TODO: STLSQ with vector of thresholds

Metrics

$L_2$ Norm error

$L_2$ (or $l_2$) norm of the error gives the $l_2$ of an error in each dimension

Of course the smaller the better

TVDIFF

Most times around 300 iterations seems to be by far enough

Regularization $\alpha$

The regularization parameter $\alpha$ tells us how strongly should the derivative be regularized (think of it as smoothed)

The bigger the $\alpha$ the less it oscillates, though the less "features" of the true derivative it really exhibits

It is mostly visible when there is a big spike in the derivative. Then the tvdiff is unable "to catch up" when strongly regularized doesn't handle the spike well (it simply doesn't feature nearly as big of a spike)

I'd recommend starting with a higher $\alpha$ and slowly increasing it, until we find the derivative smooth enough.

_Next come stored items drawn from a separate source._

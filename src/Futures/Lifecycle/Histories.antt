-- ===== src/Futures/Lifecycle/Histories.antt =====
-- What holds after any history of committed transactions.
use zhigu.Base.{
  ℕ, ◌≤◌, ◌≡◌, refl, subst, ◌∙◌, inl, inr, true, List, [], ◌∷◌, count, All, Elem, Related, arith,
}
use zhigu.Futures.Store.{Status, Run, Store, Identity}
use zhigu.Futures.Run.{is_active, is_terminal}
use zhigu.Futures.Create.{is_open, created_on, beijing_day}
use zhigu.Futures.Lifecycle.Steps.{Step}
use zhigu.Futures.Lifecycle.Invariant.{RowInv, is_withdrawn, Step-RowInv}
use zhigu.Futures.Lifecycle.Ids.{Distinct, Step-Distinct}
use zhigu.Futures.Lifecycle.Slots.{Step-slots}
use zhigu.Futures.Lifecycle.Quota.{Step-open, Step-daily}
use zhigu.Futures.Lifecycle.Diagram.{
  ◌⟶◌, claimed, timed_out, withdrawn, succeeds, fails_, asked_to_stop, acknowledged, Evolves,
  Advances, Step-Advances,
}

pub data Reach (offset : ℕ) (s : Store) : Store → Type 0 where
  here : Reach offset s s
  next : {t u : Store} → Reach offset s t → Step offset t u → Reach offset s u

pub record Healthy (offset : ℕ) (s : Store) : Type 0 where
  pub distinct : Distinct s.runs
  pub rows : All RowInv s.runs
  pub slots : count is_active s.runs ≤ 2
  pub one_open : (you : Identity) → count (is_open you) s.runs ≤ 1
  pub five_a_day :
      (you : Identity) (t : ℕ) → count (created_on offset (beijing_day offset t) you) s.runs ≤ 5

pub Step-Healthy :
    {offset : ℕ} {s t : Store} → Step offset s t → Healthy offset s → Healthy offset t
Step-Healthy st h = record {
  distinct = Step-Distinct st h.distinct;
  rows = Step-RowInv st h.rows;
  slots = Step-slots st h.slots;
  one_open = λ you. Step-open you st (h.one_open you);
  five_a_day = λ you t. Step-daily t you st (h.five_a_day you t);
}

Reach-from_Healthy :
    {offset : ℕ} {s t : Store} → Healthy offset s → Reach offset s t → Healthy offset t
Reach-from_Healthy h here = h
Reach-from_Healthy h (next r st) = Step-Healthy st (Reach-from_Healthy h r)

empty-Healthy : (offset : ℕ) (s : Store) → s.runs ≡ [] → Healthy offset s
unfolding count
empty-Healthy offset s e = record {
  distinct = λ i. rw e (ground arith);
  rows = rw e tt;
  slots = rw e (ground arith);
  one_open = λ you. rw e (ground arith);
  five_a_day = λ you t. rw e (ground arith);
}

-- From an empty table, every history of committed transactions keeps the ids distinct, every run
-- within its invariant, at most two runs executing, at most one open run of each user, and at most five runs of each user
-- created on one Shanghai day.
pub Reach-Healthy :
    (offset : ℕ) (s : Store) {t : Store} → s.runs ≡ [] → Reach offset s t → Healthy offset t
Reach-Healthy offset s e r = Reach-from_Healthy (empty-Healthy offset s e) r

-- No edge of the diagram leaves a terminal status.
terminal_stuck : {a b : Status} → a ⟶ b → is_terminal a ≡ true → ⊥
terminal_stuck claimed h = cc
terminal_stuck timed_out h = cc
terminal_stuck withdrawn h = cc
terminal_stuck {a} (succeeds e) h = ground arith
terminal_stuck {a} (fails_ e) h = ground arith
terminal_stuck {a} (asked_to_stop e) h = ground arith
terminal_stuck acknowledged h = cc

-- A set of statuses that no edge leaves holds a run through every history.
module _ (S : Status → Type 0) (closed : (a b : Status) → a ⟶ b → S a → S b) where
  -- The run is still there, and still in the set.
  abbrev Keeps : Run → List Run → Type 0
  Keeps r qs = (q : Run) × Elem q qs × (q.id ≡ r.id) × S q.status

  Evolves-Keeps : (r q : Run) → Evolves r q → S r.status → S q.status
  Evolves-Keeps r q (same, inl e) h = rw e h
  Evolves-Keeps r q (same, inr edge) h = closed r.status q.status edge h

  Related-Keeps :
      (r : Run) (rs qs : List Run) → Related Evolves rs qs → Elem r rs → S r.status → Keeps r qs
  Related-Keeps r [] qs e m h = absurd m
  Related-Keeps r (x ∷ rs) [] e m h = absurd e
  Related-Keeps r (x ∷ rs) (q ∷ qs) e (inl p) h =
      let moved : Evolves r q = subst (λ y. Evolves y q) p e.0 in
      (q, inl refl, moved.0.id, Evolves-Keeps r q moved h)
  Related-Keeps r (x ∷ rs) (q ∷ qs) e (inr m) h =
      let (y, my, i, st) = Related-Keeps r rs qs e.1 m h in (y, inr my, i, st)

  Advances-Keeps :
      (r : Run) (rs qs : List Run) → Advances rs qs → Elem r rs → S r.status → Keeps r qs
  Advances-Keeps r rs qs (inl e) m h = Related-Keeps r rs qs e m h
  Advances-Keeps r rs qs (inr (n, ps, p, _, e)) m h =
      let (y, my, i, st) = Related-Keeps r rs ps e m h in (y, rw p (inr my), i, st)

  Reach-Keeps :
      {offset : ℕ} {s t : Store} (r : Run)
      → Reach offset s t
      → Elem r s.runs
      → S r.status
      → Keeps r t.runs
  Reach-Keeps r here m h = (r, m, refl, h)
  Reach-Keeps r (next {t} {u} past st) m h =
      let (y, my, i, e) = Reach-Keeps r past m h in
      let (z, mz, j, f) = Advances-Keeps y t.runs u.runs (Step-Advances st) my e in
      (z, mz, j ∙ i, f)

terminal_closed : (st : Status) → is_terminal st ≡ true → (a b : Status) → a ⟶ b → a ≡ st → b ≡ st
terminal_closed st h a b edge e = absurd (terminal_stuck edge (rw e h))

-- A run that has succeeded, failed or been canceled is still there after every history, under the
-- same status.
pub terminal_forever :
    {offset : ℕ} {s t : Store} (r : Run)
    → Reach offset s t
    → Elem r s.runs
    → is_terminal r.status ≡ true
    → (q : Run) × Elem q t.runs × (q.id ≡ r.id) × (q.status ≡ r.status)
terminal_forever r past m h =
    Reach-Keeps (λ st. st ≡ r.status) (terminal_closed r.status h) r past m refl

withdrawn_closed : (a b : Status) → a ⟶ b → is_withdrawn a ≡ true → is_withdrawn b ≡ true
withdrawn_closed a b claimed h = cc
withdrawn_closed a b timed_out h = cc
withdrawn_closed a b withdrawn h = cc
withdrawn_closed a b (succeeds e) h = ground arith
withdrawn_closed a b (fails_ e) h = ground arith
withdrawn_closed a b (asked_to_stop e) h = refl
withdrawn_closed a b acknowledged h = refl

-- A run whose cancellation was requested is never anything but canceling or canceled again: in
-- particular it neither succeeds nor fails.
pub withdrawn_forever :
    {offset : ℕ} {s t : Store} (r : Run)
    → Reach offset s t
    → Elem r s.runs
    → is_withdrawn r.status ≡ true
    → (q : Run) × Elem q t.runs × (q.id ≡ r.id) × (is_withdrawn q.status ≡ true)
withdrawn_forever r past m h =
    Reach-Keeps (λ st. is_withdrawn st ≡ true) withdrawn_closed r past m h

With small $\alpha$ always check if it more or less corresponds to data (it has tendency to oscillate when the function is too constant)

Epsilon $\varepsilon$

Using tvdiff with ε=1e-9, we obtain a strongly regularized result. Larger values of ε improve conditioning and speed, while smaller values give more accurate results with sharper jumps.

Scale and preconditioner

TO BE DONE

Performance

In general the more data (and thus the derivation) varies in scale, the worse to model performs

Collocations

Data collocation is only used when derivative is NOT supplied (and is surely better than forward diff)

TODO: Usage collocations on existing derivative?